TASK OBJECTIVE:
Restate all of the material, keeping every line identical to the original.

RECORDS FOR THIS EXERCISE:
╭──

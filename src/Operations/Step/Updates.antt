-- ===== src/Operations/Step/Updates.antt =====
-- What src/context/durable_context/step.rs and its modules are configured with, and the updates that
-- they send.
use lambda_durable_execution.Base.{
  ℕ, ◌+◌, ◌%◌, ◌^◌, String, Bool, true, false, Option, none, some, [], ◌∷◌, unwrap_or, concat,
}
use lambda_durable_execution.Duration.{Duration, of_seconds, to_seconds_i32_saturating}
use lambda_durable_execution.Errors.{BoxError, DurableError, from_error}
use lambda_durable_execution.Types.{
  Operation, OperationType, OperationStatus, OperationAction, StepDetails,
}
use lambda_durable_execution.Types.Builder.{OperationUpdateBuilder}
use lambda_durable_execution.Retry.{RetryStrategy}
use lambda_durable_execution.Context.{ExecutionMode}
use lambda_durable_execution.Context.Run.{Serdes}
use lambda_durable_execution.Operations.{update_builder}

pub data StepSemantics : Type 0 where
  at_least_once_per_retry at_most_once_per_retry : StepSemantics

pub record StepConfig (T : Type 0) : Type 0 where
  pub retry_strategy : Option RetryStrategy
  pub semantics : StepSemantics
  pub serdes : Option (Serdes T)

pub record StepContext : Type 0 where
  pub step_name : Option String
  pub operation_id : String
  pub durable_execution_arn : String
  pub mode : ExecutionMode
  pub attempt : Option ℕ

-- What identifies one step: the ids, its name and the id of its parent.
pub record StepIds : Type 0 where
  pub step_id : String
  pub hashed_id : String
  pub name : Option String
  pub parent_id : Option String

abbrev pub details_attempt : Option StepDetails → ℕ
details_attempt none = 0
details_attempt (some d) = unwrap_or d.attempt 0

abbrev pub operation_attempt : Option Operation → ℕ
operation_attempt none = 0
operation_attempt (some op) = details_attempt op.step_details

-- The attempt that the operation records, and one more; a `u32`.
unfoldable pub attempts_made : Option Operation → ℕ
attempts_made op = (operation_attempt op + 1) % 2 ^ 32

abbrev pub details_payload : Option StepDetails → Option String
details_payload none = none
details_payload (some d) = d.result

abbrev pub details_message : Option StepDetails → String
details_message none = "Replayed failure"
details_message (some d) = elim d.error [ none ↦ "Replayed failure" | some e ↦ e.error_message ]

-- `StepInterruptedError`.
unfoldable pub interrupted : StepIds → BoxError
interrupted ids = record {
  message = elim ids.name [
    | none ↦ concat ("Step interrupted: " ∷ ids.step_id ∷ [])
    | some n ↦ concat ("Step interrupted: " ∷ n ∷ " (" ∷ ids.step_id ∷ ")" ∷ [])
  ];
  cause = none;
}

-- An update of a step.
unfoldable pub step_builder : StepIds → OperationAction → OperationUpdateBuilder
unfolding update_builder
step_builder ids action =
    update_builder ids.hashed_id OperationType.step "Step" action ids.parent_id ids.name

unfoldable pub fail_builder : StepIds → BoxError → OperationUpdateBuilder
unfolding step_builder from_error
fail_builder ids e = record (step_builder ids OperationAction.fail) { error = some (from_error e) }

unfoldable pub retry_builder : StepIds → BoxError → Option Duration → OperationUpdateBuilder
unfolding step_builder from_error of_seconds to_seconds_i32_saturating
retry_builder ids e delay = record (step_builder ids OperationAction.retry) {
  error = some (from_error e);
  step_options = some (record {
    next_attempt_delay_seconds = some (to_seconds_i32_saturating (unwrap_or delay (of_seconds 1)));
  });
}

unfoldable pub succeed_builder : StepIds → Option String → OperationUpdateBuilder
unfolding step_builder
succeed_builder ids payload = record (step_builder ids OperationAction.succeed) {
  payload = payload;
}

abbrev pub missing_output : DurableError
missing_output = DurableError.internal "Missing step output in replay"

-- `matches!(…, Some(Started | Ready))`.
abbrev pub already_started : Option Operation → Bool
already_started none = false
already_started (some op) = elim op.status [
  | OperationStatus.started ↦ true
  | OperationStatus.ready ↦ true
  | _ ↦ false
]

╰──

FINAL ANSWER:
filename src/Operations/Step/Updates.antt
-- ===== src/Operations/Step/Updates.antt =====
-- What src/context/durable_context/step.rs and its modules are configured with, and the updates that
-- they send.
use lambda_durable_execution.Base.{
  ℕ, ◌+◌, ◌%◌, ◌^◌, String, Bool, true, false, Option, none, some, [], ◌∷◌, unwrap_or, concat,
}
use lambda_durable_execution.Duration.{Duration, of_seconds, to_seconds_i32_saturating}
use lambda_durable_execution.Errors.{BoxError, DurableError, from_error}
use lambda_durable_execution.Types.{
  Operation, OperationType, OperationStatus, OperationAction, StepDetails,
}
use lambda_durable_execution.Types.Builder.{OperationUpdateBuilder}
use lambda_durable_execution.Retry.{RetryStrategy}
use lambda_durable_execution.Context.{ExecutionMode}
use lambda_durable_execution.Context.Run.{Serdes}
use lambda_durable_execution.Operations.{update_builder}

pub data StepSemantics : Type 0 where
  at_least_once_per_retry at_most_once_per_retry : StepSemantics

pub record StepConfig (T : Type 0) : Type 0 where
  pub retry_strategy : Option RetryStrategy
  pub semantics : StepSemantics
  pub serdes : Option (Serdes T)

pub record StepContext : Type 0 where
  pub step_name : Option String
  pub operation_id : String
  pub durable_execution_arn : String
  pub mode : ExecutionMode
  pub attempt : Option ℕ

-- What identifies one step: the ids, its name and the id of its parent.
pub record StepIds : Type 0 where
  pub step_id : String
  pub hashed_id : String
  pub name : Option String
  pub parent_id : Option String

abbrev pub details_attempt : Option StepDetails → ℕ
details_attempt none = 0
details_attempt (some d) = unwrap_or d.attempt 0

abbrev pub operation_attempt : Option Operation → ℕ
operation_attempt none = 0
operation_attempt (some op) = details_attempt op.step_details

-- The attempt that the operation records, and one more; a `u32`.
unfoldable pub attempts_made : Option Operation → ℕ
attempts_made op = (operation_attempt op + 1) % 2 ^ 32

abbrev pub details_payload : Option StepDetails → Option String
details_payload none = none
details_payload (some d) = d.result

abbrev pub details_message : Option StepDetails → String
details_message none = "Replayed failure"
details_message (some d) = elim d.error [ none ↦ "Replayed failure" | some e ↦ e.error_message ]

-- `StepInterruptedError`.
unfoldable pub interrupted : StepIds → BoxError
interrupted ids = record {
  message = elim ids.name [
    | none ↦ concat ("Step interrupted: " ∷ ids.step_id ∷ [])
    | some n ↦ concat ("Step interrupted: " ∷ n ∷ " (" ∷ ids.step_id ∷ ")" ∷ [])
  ];
  cause = none;
}

-- An update of a step.
unfoldable pub step_builder : StepIds → OperationAction → OperationUpdateBuilder
unfolding update_builder
step_builder ids action =
    update_builder ids.hashed_id OperationType.step "Step" action ids.parent_id ids.name

unfoldable pub fail_builder : StepIds → BoxError → OperationUpdateBuilder
unfolding step_builder from_error
fail_builder ids e = record (step_builder ids OperationAction.fail) { error = some (from_error e) }

unfoldable pub retry_builder : StepIds → BoxError → Option Duration → OperationUpdateBuilder
unfolding step_builder from_error of_seconds to_seconds_i32_saturating
retry_builder ids e delay = record (step_builder ids OperationAction.retry) {
  error = some (from_error e);
  step_options = some (record {
    next_attempt_delay_seconds = some (to_seconds_i32_saturating (unwrap_or delay (of_seconds 1)));
  });
}

unfoldable pub succeed_builder : StepIds → Option String → OperationUpdateBuilder
unfolding step_builder
succeed_builder ids payload = record (step_builder ids OperationAction.succeed) {
  payload = payload;
}

abbrev pub missing_output : DurableError
missing_output = DurableError.internal "Missing step output in replay"

-- `matches!(…, Some(Started | Ready))`.
abbrev pub already_started : Option Operation → Bool
already_started none = false
already_started (some op) = elim op.status [
  | OperationStatus.started ↦ true
  | OperationStatus.ready ↦ true
  | _ ↦ false
]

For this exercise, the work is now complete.